LA Times: Some Texas Universities to Create ‘Gun Free Zones’ to Circumvent Campus Carry

AP/Amarillo Globe-News, Michael Schumacher
AP/Amarillo Globe-News, Michael Schumacher

On November 10 the Los Angeles Times reported that some universities in Texas are assessing how and where they can create gun free zones to keep law-abiding students with concealed handgun licenses (CHLs) from carrying guns for self-defense.

Campus carry becomes law of the land in Texas in August 2016.

According to the LA Times, the University of Texas (UT) is leading the charge to find ways to circumvent the law. “More than 800 UT professors have added their names to a list opposing guns in classrooms, and more than 8,000 people have signed a separate petition [opposing campus carry].”

UT neuroscience professor Max Snodderly believes allowing CHLs to carry guns on campus for self-defense “is a very bad idea.” He suggests the possession of guns on campus by CHLs “[is] an encroachment on academic freedom.” He also suggested allowing such law-abiding students to carry guns for self-defense increases “danger to students at risk of suicide.”

Snodderly is urging the university president to designate all “classrooms, dormitories, and offices” as gun free zones, just the like the offices and classrooms at University of California Merced and Sandy Hook Elementary. Ironically, Snodderly pointed to the shootings at Umpqua Community College as an example of “the dangers of the gun culture,” but he did not mention that UCC shootings took place in the very kind of gun free classrooms he is seeking at UT.

Snodderly added, “We don’t feel more guns is the answer.”

Texas Students for Concealed Carry’s Chase Jennings begs to differ.
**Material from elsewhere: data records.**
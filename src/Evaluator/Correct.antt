-- ===== src/Evaluator/Correct.antt =====
-- `evaluate` passes a pull request exactly when every changed path is covered.
use extra_codeowners.Prelude.{
  ℕ, zero, suc, Bool, true, false, not, List, [], ◌∷◌, ◌≡◌, refl, ap, ◌∙◌, arith, list_eq, nat_eq,
  if◌then◌else◌, inl, inr, all, keep, ◌==◌, unique, remove_all, all-unique, Bool-cases, ok,
  traverse,
}
use extra_codeowners.Text.{Str, Unicode}
use extra_codeowners.Models.Evidence.{EvaluationInput}
use extra_codeowners.Models.Results.{
  EvaluationResult, EvaluationMessage, OwnerSetResult, is_success, passed,
}
use extra_codeowners.Codeowners.Document.{CodeownersDocument}
use extra_codeowners.Codeowners.Parser.{parse_codeowners}
use extra_codeowners.Policy.Decision.{CompiledPolicy}
use extra_codeowners.Policy.Compile.{compile_policy}
use extra_codeowners.Evaluator.Reviews.{all_paths, evaluation_paths}
use extra_codeowners.Evaluator.Judgement.{Context, judge}
use extra_codeowners.Evaluator.Evaluate.{
  context_of, OwnerPaths, Grouped, warnings_of, count_failed, conclude, result_of,
  evaluate_compiled, evaluate_policy, evaluate_document, disabled_result, evaluate,
}
use extra_codeowners.Evaluator.Coverage.{is_covered, AllNormalized}
use extra_codeowners.Evaluator.Judged.{judge-satisfied}
use extra_codeowners.Evaluator.Grouping.{
  is_path_covered, group_holds, GroupsNormalized, group_paths-GroupsHold,
}

is_zero : ℕ → Bool
is_zero zero = true
is_zero (suc n) = false

conclude-is_zero : (n : ℕ) (rs : List OwnerSetResult) → is_success (conclude n rs).0 ≡ is_zero n
unfolding is_success conclude is_zero
conclude-is_zero zero [] = refl
conclude-is_zero zero (r ∷ rs) = refl
conclude-is_zero (suc n) rs = refl

is_zero-count_failed :
    (rs : List OwnerSetResult) → is_zero (count_failed rs) ≡ all (λ r. r.satisfied) rs
unfolding is_zero count_failed keep all
is_zero-count_failed [] = refl
is_zero-count_failed (r ∷ rs) = ground (arith, is_zero-count_failed rs)

-- the result has no failed requirement exactly when all are satisfied
passed-result_of :
    (requirements : List OwnerSetResult) (warnings : List EvaluationMessage) (unowned : List Str)
    → passed (result_of requirements warnings unowned) ≡ all (λ r. r.satisfied) requirements
unfolding passed result_of
passed-result_of requirements warnings unowned =
    conclude-is_zero (count_failed requirements) requirements ∙ is_zero-count_failed requirements

-- the judgements of all groups return, and are satisfied together when the groups hold
judgements_hold :
    (context : Context) (groups : OwnerPaths)
    → GroupsNormalized groups
    → (rs : List OwnerSetResult) × (traverse (judge context) groups ≡ ok rs)
      × (all (λ r. r.satisfied) rs ≡ all (group_holds (is_covered context)) groups)
unfolding traverse all GroupsNormalized
judgements_hold context [] h = ([], refl, refl)
judgements_hold context ((owners, paths) ∷ groups) h =
    let (r, e, s) = judge-satisfied context owners paths h.0 in
    let (rs, es, ss) = judgements_hold context groups h.1 in
    (r ∷ rs, rw (e, es) refl, rw (s, ss) refl)

AllNormalized-remove_all :
    (p : Str) (paths : List Str) → AllNormalized paths → AllNormalized (remove_all p paths)
unfolding remove_all AllNormalized
AllNormalized-remove_all p [] h = tt
AllNormalized-remove_all p (q ∷ paths) h = elim (Bool-cases (q == p)) [
  | inl same ↦ rw same (AllNormalized-remove_all p paths h.1)
  | inr other ↦ rw other (h.0, AllNormalized-remove_all p paths h.1)
]

AllNormalized-unique : (paths : List Str) → AllNormalized paths → AllNormalized (unique paths)
unfolding unique AllNormalized
AllNormalized-unique [] h = tt
AllNormalized-unique (p ∷ paths) h =
    (h.0, AllNormalized-remove_all p (unique paths) (AllNormalized-unique paths h.1))

-- The verdict on a pull request whose two policies compiled: it is returned, and it is success
-- exactly when each changed path has no owner or is covered.
abbrev pub Decides : Unicode → EvaluationInput → CodeownersDocument → CompiledPolicy → Type 0
Decides u input document policy =
    (r : EvaluationResult) × (evaluate u input ≡ ok r)
    × (passed r
        ≡ all (is_path_covered (context_of u input policy) document)
            (all_paths input.changed_files))

evaluate_compiled-Decides :
    (u : Unicode) (input : EvaluationInput) (document : CodeownersDocument)
    (policy : CompiledPolicy)
    → AllNormalized (all_paths input.changed_files)
    → (r : EvaluationResult) × (evaluate_compiled u input document policy ≡ ok r)
      × (passed r
          ≡ all
              (is_path_covered (context_of u input policy) document)
              (all_paths input.changed_files))
unfolding evaluate_compiled evaluation_paths
evaluate_compiled-Decides u input document policy valid =
    let context = context_of u input policy in
    let paths = unique (all_paths input.changed_files) in
    let start : Grouped = record { owner_paths = []; unowned_paths = [] } in
    let (g, e, n, s) =
      group_paths-GroupsHold context document paths start
        (AllNormalized-unique (all_paths input.changed_files) valid)
        (unfold GroupsNormalized in tt) in
    let (rs, es, ss) = judgements_hold context g.owner_paths n in
    (
      result_of rs (warnings_of input) g.unowned_paths,
      rw (e, es) refl,
      passed-result_of rs (warnings_of input) g.unowned_paths
          ∙ ss
          ∙ s
          ∙ (unfold all in
              all-unique (is_path_covered context document) (all_paths input.changed_files)),
    )

-- For a pull request whose paths passed validation, under a policy that is enabled, with a
-- CODEOWNERS file that parses to `document` and policies that compile to `policy`: `evaluate`
-- returns a result, and the result is success exactly when each changed path, new or previous name,
-- has no owner in the last matching rule, or one of its owners is an approving person or the
-- author where the policy lets the author count, or it matches no non-delegable pattern and an
-- approving enrolled application has a delegation for the path, one of the owners and the labels.
pub evaluate-Decides :
    (u : Unicode) (input : EvaluationInput) (document : CodeownersDocument)
    (policy : CompiledPolicy)
    → AllNormalized (all_paths input.changed_files)
    → input.repository_policy.enabled ≡ true
    → parse_codeowners u input.codeowners_text ≡ ok document
    → compile_policy u input.organization_policy input.repository_policy input.options ≡ ok policy
    → Decides u input document policy
unfolding evaluate evaluate_document evaluate_policy
evaluate-Decides u input document policy valid enabled parsed compiled =
    let (r, e, s) = evaluate_compiled-Decides u input document policy valid in
    (
      r,
      ap
            (λ b.
              if not b
              then ok disabled_result
              else evaluate_document u input (parse_codeowners u input.codeowners_text))
            enabled
          ∙ ap (evaluate_document u input) parsed
          ∙ ap (evaluate_policy u input document) compiled
          ∙ e,
      s,
    )
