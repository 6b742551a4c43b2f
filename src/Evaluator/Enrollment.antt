-- ===== src/Evaluator/Enrollment.antt =====
-- An organization policy that passed validation credits a review to at most one application.
use extra_codeowners.Prelude.{
  ℕ, ◌≤◌, true, false, List, [], ◌∷◌, ◌≡◌, refl, ap, ◌∙◌, subst, arith, ◌==◌, nat_eq, list_eq, none,
  some, inl, inr, Bool-cases, Option-cases, any, keep, length, contains, eq_of_beq, Dict, ok,
  bind-inv,
}
use extra_codeowners.Text.{Str, Unicode}
use extra_codeowners.Models.Policies.{
  EnrolledApplication, OrganizationPolicy, identities_are_unique, validate_organization,
  normalize_app_aliases, validate_applications, validate_guardrails, at_most,
}
use extra_codeowners.Models.Evidence.{ReviewActor}
use extra_codeowners.Evaluator.Reviews.{is_enrolled_as, is_some_equal}

-- the enrolled applications that the actor could be
abbrev pub enrolled_as : ReviewActor → Dict Str EnrolledApplication → Dict Str EnrolledApplication
enrolled_as actor apps =
    keep (λ (entry : Str × EnrolledApplication). is_enrolled_as actor entry.1) apps

module _ (u : Unicode) (actor : ReviewActor) where
  -- an application that was seen is not enrolled again
  none_again :
      (ids bots : List ℕ) (slugs : List Str) (apps : Dict Str EnrolledApplication) (i : ℕ)
      → actor.app_id ≡ some i
      → contains ids i ≡ true
      → identities_are_unique u ids bots slugs apps ≡ ok tt
      → length (enrolled_as actor apps) ≡ 0
  unfolding identities_are_unique keep
  none_again ids bots slugs [] i a seen h = refl
  none_again ids bots slugs ((alias, app) ∷ apps) i a seen h =
      let fresh : contains ids app.app_id ≡ false = ground arith in
      let rest : identities_are_unique u (app.app_id ∷ ids) (app.bot_user_id ∷ bots)
            (app.slug ∷ slugs) apps
          ≡ ok tt =
        ground arith in
      let ih =
        none_again (app.app_id ∷ ids) (app.bot_user_id ∷ bots) (app.slug ∷ slugs) apps i a
          (unfold contains any in ground (arith, seen)) rest in
      let other : is_enrolled_as actor app ≡ false = differs app fresh in rw other ih
    where
      differs :
          (app' : EnrolledApplication)
          → contains ids app'.app_id ≡ false
          → is_enrolled_as actor app' ≡ false
      differs app' fresh = elim (Bool-cases (app'.app_id == i)) [
        | inl same ↦
            let again : contains ids app'.app_id ≡ true =
              ap (contains ids) (eq_of_beq app'.app_id i same) ∙ seen in
            cc (again, fresh)
        | inr apart ↦ unfold is_enrolled_as is_some_equal in rw a (rw apart refl)
      ]

  no_app_id :
      (apps : Dict Str EnrolledApplication)
      → actor.app_id ≡ none
      → length (enrolled_as actor apps) ≡ 0
  unfolding keep
  no_app_id [] a = refl
  no_app_id ((alias, app) ∷ apps) a =
      let other : is_enrolled_as actor app ≡ false =
        unfold is_enrolled_as is_some_equal in rw a refl in
      rw other (no_app_id apps a)

  enrolled_app_id :
      (app : EnrolledApplication) (i : ℕ)
      → actor.app_id ≡ some i
      → is_enrolled_as actor app ≡ true
      → (app.app_id == i) ≡ true
  unfolding is_enrolled_as is_some_equal
  enrolled_app_id app i a h = ground arith

  at_most_one :
      (ids bots : List ℕ) (slugs : List Str) (apps : Dict Str EnrolledApplication) (i : ℕ)
      → actor.app_id ≡ some i
      → identities_are_unique u ids bots slugs apps ≡ ok tt
      → length (enrolled_as actor apps) ≤ 1
  unfolding identities_are_unique keep
  at_most_one ids bots slugs [] i a h = omega arith
  at_most_one ids bots slugs ((alias, app) ∷ apps) i a h =
      let rest : identities_are_unique u (app.app_id ∷ ids) (app.bot_user_id ∷ bots)
            (app.slug ∷ slugs) apps
          ≡ ok tt =
        ground arith in
      elim (Bool-cases (is_enrolled_as actor app)) [
        | inl enrolled ↦
            let seen : contains (app.app_id ∷ ids) i ≡ true =
              unfold contains any in rw (enrolled_app_id app i a enrolled) refl in
            rw enrolled (
              omega (
                arith,
                none_again (app.app_id ∷ ids) (app.bot_user_id ∷ bots) (app.slug ∷ slugs) apps i a
                    seen rest,
              ))
        | inr other ↦ rw other (
            at_most_one (app.app_id ∷ ids) (app.bot_user_id ∷ bots) (app.slug ∷ slugs) apps i a
              rest)
      ]

-- the last check of the validator was passed by the applications that it returned
validated_identities :
    (u : Unicode) (raw policy : OrganizationPolicy)
    → validate_organization u raw ≡ ok policy
    → identities_are_unique u [] [] [] policy.apps ≡ ok tt
unfolding validate_organization
validated_identities u raw policy h =
    let (normalized, e₁, h₁) = bind-inv (normalize_app_aliases u [] raw.apps) _ h in
    let (t, e₂, h₂) = bind-inv (at_most 50 normalized) _ h₁ in
    let (apps, e₃, h₃) = bind-inv (validate_applications u normalized) _ h₂ in
    let (guardrails, e₄, h₄) = bind-inv (validate_guardrails raw.guardrails) _ h₃ in
    let (t', e₅, h₅) = bind-inv (identities_are_unique u [] [] [] apps) _ h₄ in
    let same : apps ≡ policy.apps = ground arith in
    subst (λ a. identities_are_unique u [] [] [] a ≡ ok tt) same e₅

-- Of the applications of an organization policy that the validator returned, at most one has the
-- numeric id, the slug, the bot user and the login of a given review actor.
pub enrolled_at_most_once :
    (u : Unicode) (raw policy : OrganizationPolicy) (actor : ReviewActor)
    → validate_organization u raw ≡ ok policy
    → length (enrolled_as actor policy.apps) ≤ 1
enrolled_at_most_once u raw policy actor h = elim (Option-cases actor.app_id) [
  | inl none' ↦ omega (arith, no_app_id u actor policy.apps none')
  | inr (i, a) ↦ at_most_one u actor [] [] [] policy.apps i a (validated_identities u raw policy h)
]
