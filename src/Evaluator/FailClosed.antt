-- ===== src/Evaluator/FailClosed.antt =====
-- `evaluate` passes nothing that it could not read.
use extra_codeowners.Prelude.{true, ◌≡◌, refl, arith, Result, ok, err, Bool-cases, inl, inr}
use extra_codeowners.Text.{Unicode}
use extra_codeowners.Models.Evidence.{EvaluationInput}
use extra_codeowners.Models.Results.{EvaluationResult, passed}
use extra_codeowners.Codeowners.Document.{CodeownersDocument}
use extra_codeowners.Codeowners.Parser.{ParseFailure, parse_error, uncaught, parse_codeowners}
use extra_codeowners.Policy.Decision.{CompiledPolicy}
use extra_codeowners.Policy.Compile
use extra_codeowners.Policy.Compile.{PolicyFailure, compilation_error, compile_policy}
use extra_codeowners.Evaluator.Evaluate.{
  evaluate, evaluate_document, evaluate_policy, error_result, disabled_result,
}

-- the three things that `evaluate` needs before it looks at a path
abbrev pub IsReadable : Unicode → EvaluationInput → Type 0
IsReadable u input =
    (document : CodeownersDocument) × (policy : CompiledPolicy) × (input.repository_policy.enabled
      ≡ true)
    × (parse_codeowners u input.codeowners_text ≡ ok document)
    × (compile_policy u input.organization_policy input.repository_policy input.options ≡ ok policy)

module _ (u : Unicode) (input : EvaluationInput) (r : EvaluationResult)
    (success : passed r ≡ true) where
  policy_is_ok :
      (document : CodeownersDocument) (compiled : Result PolicyFailure CompiledPolicy)
      → evaluate_policy u input document compiled ≡ ok r
      → (policy : CompiledPolicy) × (compiled ≡ ok policy)
  unfolding evaluate_policy error_result passed
  policy_is_ok document (ok policy) e = (policy, refl)
  policy_is_ok document (err (compilation_error issues)) e = ground arith
  policy_is_ok document (err (Compile.uncaught error)) e = ground arith

  document_is_ok :
      (parsed : Result ParseFailure CodeownersDocument)
      → evaluate_document u input parsed ≡ ok r
      → (document : CodeownersDocument) × (policy : CompiledPolicy) × (parsed ≡ ok document)
        × (compile_policy u input.organization_policy input.repository_policy input.options
            ≡ ok policy)
  unfolding evaluate_document error_result passed
  document_is_ok (ok document) e =
      let (policy, c) = policy_is_ok document _ e in (document, policy, refl, c)
  document_is_ok (err (parse_error issues)) e = ground arith
  document_is_ok (err (uncaught error)) e = ground arith

  -- If `evaluate` returns a success, then the repository policy is enabled, the CODEOWNERS file
  -- parses, and the two policies compile together.
  pub passed-IsReadable : evaluate u input ≡ ok r → IsReadable u input
  unfolding evaluate disabled_result passed
  passed-IsReadable e = elim (Bool-cases input.repository_policy.enabled) [
    | inl enabled ↦
        let e' : evaluate_document u input (parse_codeowners u input.codeowners_text) ≡ ok r =
          ground (arith) in
        let (document, policy, p, c) = document_is_ok _ e' in (document, policy, enabled, p, c)
    | inr disabled ↦ absurd (ground arith)
  ]
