-- ===== src/Evaluator/Latest.antt =====
-- Each actor's latest opinionated review.
use extra_codeowners.Prelude.{
  Bool, true, false, not, ◌&&◌, ◌||◌, List, [], ◌∷◌, ◌++◌, ◌≡◌, refl, ap, sym, subst, arith, ◌==◌,
  nat_eq, Option, none, some, inl, inr, Bool-cases, all, lookup, all-append, eq_of_beq,
}
use extra_codeowners.Models.Evidence.{PullRequestReview}
use extra_codeowners.Evaluator.Reviews.{
  is_opinionated, ActorKey, actor_key, key_eq, is_newer, Latest,
}

-- `r` is an opinionated review of the same actor as `l`, and newer
unfoldable pub beats : PullRequestReview → PullRequestReview → Bool
beats r l = is_opinionated r.state && actor_key r == actor_key l && is_newer r l

unfoldable pub has_key : Option PullRequestReview → Bool
has_key none = false
has_key (some l) = true

-- an entry of the dict is under its actor, opinionated, and beaten by nothing that was seen
abbrev pub is_sound : List PullRequestReview → ActorKey × PullRequestReview → Bool
is_sound seen (k, l) = k == actor_key l && is_opinionated l.state && all (λ r. not (beats r l)) seen

-- a review is comment, or its actor has an entry
abbrev pub is_counted : Latest → PullRequestReview → Bool
is_counted latest r = not (is_opinionated r.state) || has_key (lookup (actor_key r) latest)

-- no actor has two entries
unfoldable pub Distinct : Latest → Type 0
Distinct [] = Unit
Distinct ((k, l) ∷ latest) = (lookup k latest ≡ none) × Distinct latest

pub record IsLatest (latest : Latest) (seen : List PullRequestReview) : Type 0 where
  pub sound : all (is_sound seen) latest ≡ true
  pub counted : all (is_counted latest) seen ≡ true
  pub distinct : Distinct latest

is_newer_trans :
    (a b c : PullRequestReview) → is_newer a b ≡ true → is_newer b c ≡ true → is_newer a c ≡ true
unfolding is_newer
is_newer_trans a b c h k = ground arith

pub is_newer_irrefl : (a : PullRequestReview) → is_newer a a ≡ false
unfolding is_newer
is_newer_irrefl a = ground arith

-- One more review is seen that does not beat the entry.
pub is_sound-snoc :
    (seen : List PullRequestReview) (r : PullRequestReview) (k : ActorKey) (l : PullRequestReview)
    → is_sound seen (k, l) ≡ true
    → beats r l ≡ false
    → is_sound (seen ++ r ∷ []) (k, l) ≡ true
is_sound-snoc seen r k l h b =
    let split = all-append (λ x. not (beats x l)) seen (r ∷ []) in
    let last : all (λ x. not (beats x l)) (r ∷ []) ≡ true = unfold all in rw b refl in
    ground (arith, split, last)

beats-older :
    (x r previous : PullRequestReview)
    → actor_key r ≡ actor_key previous
    → is_newer r previous ≡ true
    → beats x previous ≡ false
    → beats x r ≡ false
unfolding beats
beats-older x r previous same newer h =
    let keys : (actor_key x == actor_key r) ≡ (actor_key x == actor_key previous) =
      ap (λ k. actor_key x == k) same in
    ground (arith, keys, is_newer_trans x r previous)

-- What beats a newer review of the same actor beats the older one.
pub unbeaten-newer :
    (seen : List PullRequestReview) (r previous : PullRequestReview)
    → actor_key r ≡ actor_key previous
    → is_newer r previous ≡ true
    → all (λ x. not (beats x previous)) seen ≡ true
    → all (λ x. not (beats x r)) seen ≡ true
unfolding all
unbeaten-newer [] r previous same newer h = refl
unbeaten-newer (x ∷ seen) r previous same newer h =
    let ih : all (λ y. not (beats y r)) seen ≡ true =
      unbeaten-newer seen r previous same newer (ground arith) in
    let here : beats x r ≡ false = beats-older x r previous same newer (ground arith) in
    rw (here, ih) refl

-- Nothing of an actor without an entry was opinionated, so nothing beats its first review.
pub unbeaten-first :
    (latest : Latest) (seen : List PullRequestReview) (r : PullRequestReview)
    → lookup (actor_key r) latest ≡ none
    → all (is_counted latest) seen ≡ true
    → all (λ x. not (beats x r)) seen ≡ true
unfolding all
unbeaten-first latest [] r free h = refl
unbeaten-first latest (x ∷ seen) r free h =
    let ih : all (λ y. not (beats y r)) seen ≡ true =
      unbeaten-first latest seen r free (ground arith) in
    let here : beats x r ≡ false = first_unbeaten x (ground arith) in rw (here, ih) refl
  where
    first_unbeaten : (y : PullRequestReview) → is_counted latest y ≡ true → beats y r ≡ false
    first_unbeaten y c = elim (Bool-cases (actor_key y == actor_key r)) [
      | inl same ↦
          let entry : has_key (lookup (actor_key y) latest) ≡ false =
            subst (λ k. has_key (lookup k latest) ≡ false)
              (sym (eq_of_beq (actor_key y) (actor_key r) same)) (unfold has_key in rw free refl) in
          unfold beats in ground arith
      | inr other ↦ unfold beats in ground arith
    ]
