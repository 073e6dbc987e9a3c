-- ===== src/Chunks.antt =====
-- How a file is cut into chunks: src/file_chunk_pos.rs, and the chunk arithmetic of
-- src/v1/upload_file.rs (`calculate_chunk_count`, the index of the dummy chunk). Additions in `u32`
-- and `u64` wrap, as in a release build; `as u32` keeps the low 32 bits.
pub mod Machine
pub mod Runs
pub mod Spec
pub mod Collect
pub mod Cover
pub mod Count
use rust_filen.Base.{
  ℕ, zero, suc, ◌+◌, ◌-◌, ◌*◌, ◌/◌, ◌%◌, ◌^◌, Bool, ◌||◌, List, [], ◌∷◌, Option, none, some, ltb,
  leb, ◌==◌, if◌then◌else◌, ◌≡◌, refl, map, Outcome, returns, panics,
}
use mathlib.Core.Option
use rust_filen.Chunks.Machine.{as_u32, add_u32, add_u64, sub_u64, checked_add}

pub record FileChunkPosition : Type 0 where
  pub index : ℕ
  pub start_position : ℕ
  pub chunk_size : ℕ

pub record FileChunkPositions : Type 0 where
  pub current_index : ℕ
  pub current_offset : ℕ
  pub chunk_size : ℕ
  pub file_size : ℕ

abbrev start : ℕ → ℕ → FileChunkPositions
start chunk_size file_size = record {
  current_index = 0;
  current_offset = 0;
  chunk_size = chunk_size;
  file_size = file_size;
}

-- `FileChunkPositions::new`
unfoldable pub new : ℕ → ℕ → Outcome FileChunkPositions
new chunk_size file_size = if chunk_size == 0 then panics else returns (start chunk_size file_size)

-- The index of the chunk that holds the last byte, `((file_size - 1) / chunk_size) as u32`.
abbrev pub last_index : ℕ → ℕ → ℕ
last_index chunk_size file_size = as_u32 ((file_size - 1) / chunk_size)

-- The size of the chunk at `offset`; `next_offset` is 0 if the sum overflowed.
abbrev current_chunk_size : FileChunkPositions → ℕ → ℕ
current_chunk_size s next_offset =
    if next_offset == 0 || ltb s.file_size next_offset
    then as_u32 (sub_u64 s.file_size s.current_offset)
    else s.chunk_size

-- The body of the closure in `next`: the position, and the iterator moved on.
abbrev advance : FileChunkPositions → FileChunkPosition × FileChunkPositions
advance s =
    let maybe_next_offset = checked_add s.current_offset s.chunk_size in
    (
      record {
        index = s.current_index;
        start_position = s.current_offset;
        chunk_size = current_chunk_size s (Option.get_or maybe_next_offset 0);
      },
      record s {
        current_index = add_u32 s.current_index 1;
        current_offset = Option.get_or maybe_next_offset s.file_size;
      },
    )

-- `FileChunkPositions::next`
unfoldable pub next : FileChunkPositions → Option FileChunkPosition × FileChunkPositions
next s =
    if s.file_size == 0
    then (none, s)
    else if leb s.current_index (last_index s.chunk_size s.file_size)
    then (let (position, s') = advance s in (some position, s'))
    else (none, s)

-- `collect` on the iterator, within `fuel` calls of `next`; `none` means that they did not suffice.
unfoldable pub collect : ℕ → FileChunkPositions → Option (List FileChunkPosition)
unfolding next
collect zero s = none
collect (suc fuel) s =
    let (item, s') = next s in
    elim item [
      | none ↦ some []
      | some position ↦ Option.map (λ ps. position ∷ ps) (collect fuel s')
    ]

-- The loop of `calculate_chunk_count`, within `fuel` rounds.
pub count_from : ℕ → ℕ → ℕ → ℕ → ℕ → Option ℕ
count_from zero chunk_size file_size dummy_offset file_chunks = none
count_from (suc fuel) chunk_size file_size dummy_offset file_chunks =
    let rest =
      count_from fuel chunk_size file_size (add_u64 dummy_offset chunk_size)
        (add_u32 file_chunks 1) in
    if ltb dummy_offset file_size then rest else some file_chunks

-- `calculate_chunk_count`
unfoldable pub calculate_chunk_count : ℕ → ℕ → ℕ → Option ℕ
unfolding count_from
calculate_chunk_count fuel chunk_size file_size = count_from fuel chunk_size file_size 0 0

-- The index under which `send_dummy_chunk` sends its empty chunk, for a file that is not empty.
unfoldable pub dummy_chunk_index : ℕ → ℕ → ℕ
dummy_chunk_index chunk_size file_size = add_u32 (last_index chunk_size file_size) 1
Jennings points out that the possession of guns by law-abiding students poses a “deterrent” to people like the UC Merced mass stabber and the gunmen at UCC and Sandy Hook Elementary, all three of which picked gun free campuses as their targets. Jennings described Snodderly and other UT opponents to campus carry as “alarmists” who try “to get people riled up.”

And Jennings has a point. After all, campus carry is already the law in seven states and allowable on a campus-by-campus basis in approximately 20 more, and Michigan and Florida are currently considering legislation similar to that passed in Texas. Colorado has had campus carry since 2003 and where are all the stories about concealed carry permit holders bringing guns on campus and committing crimes?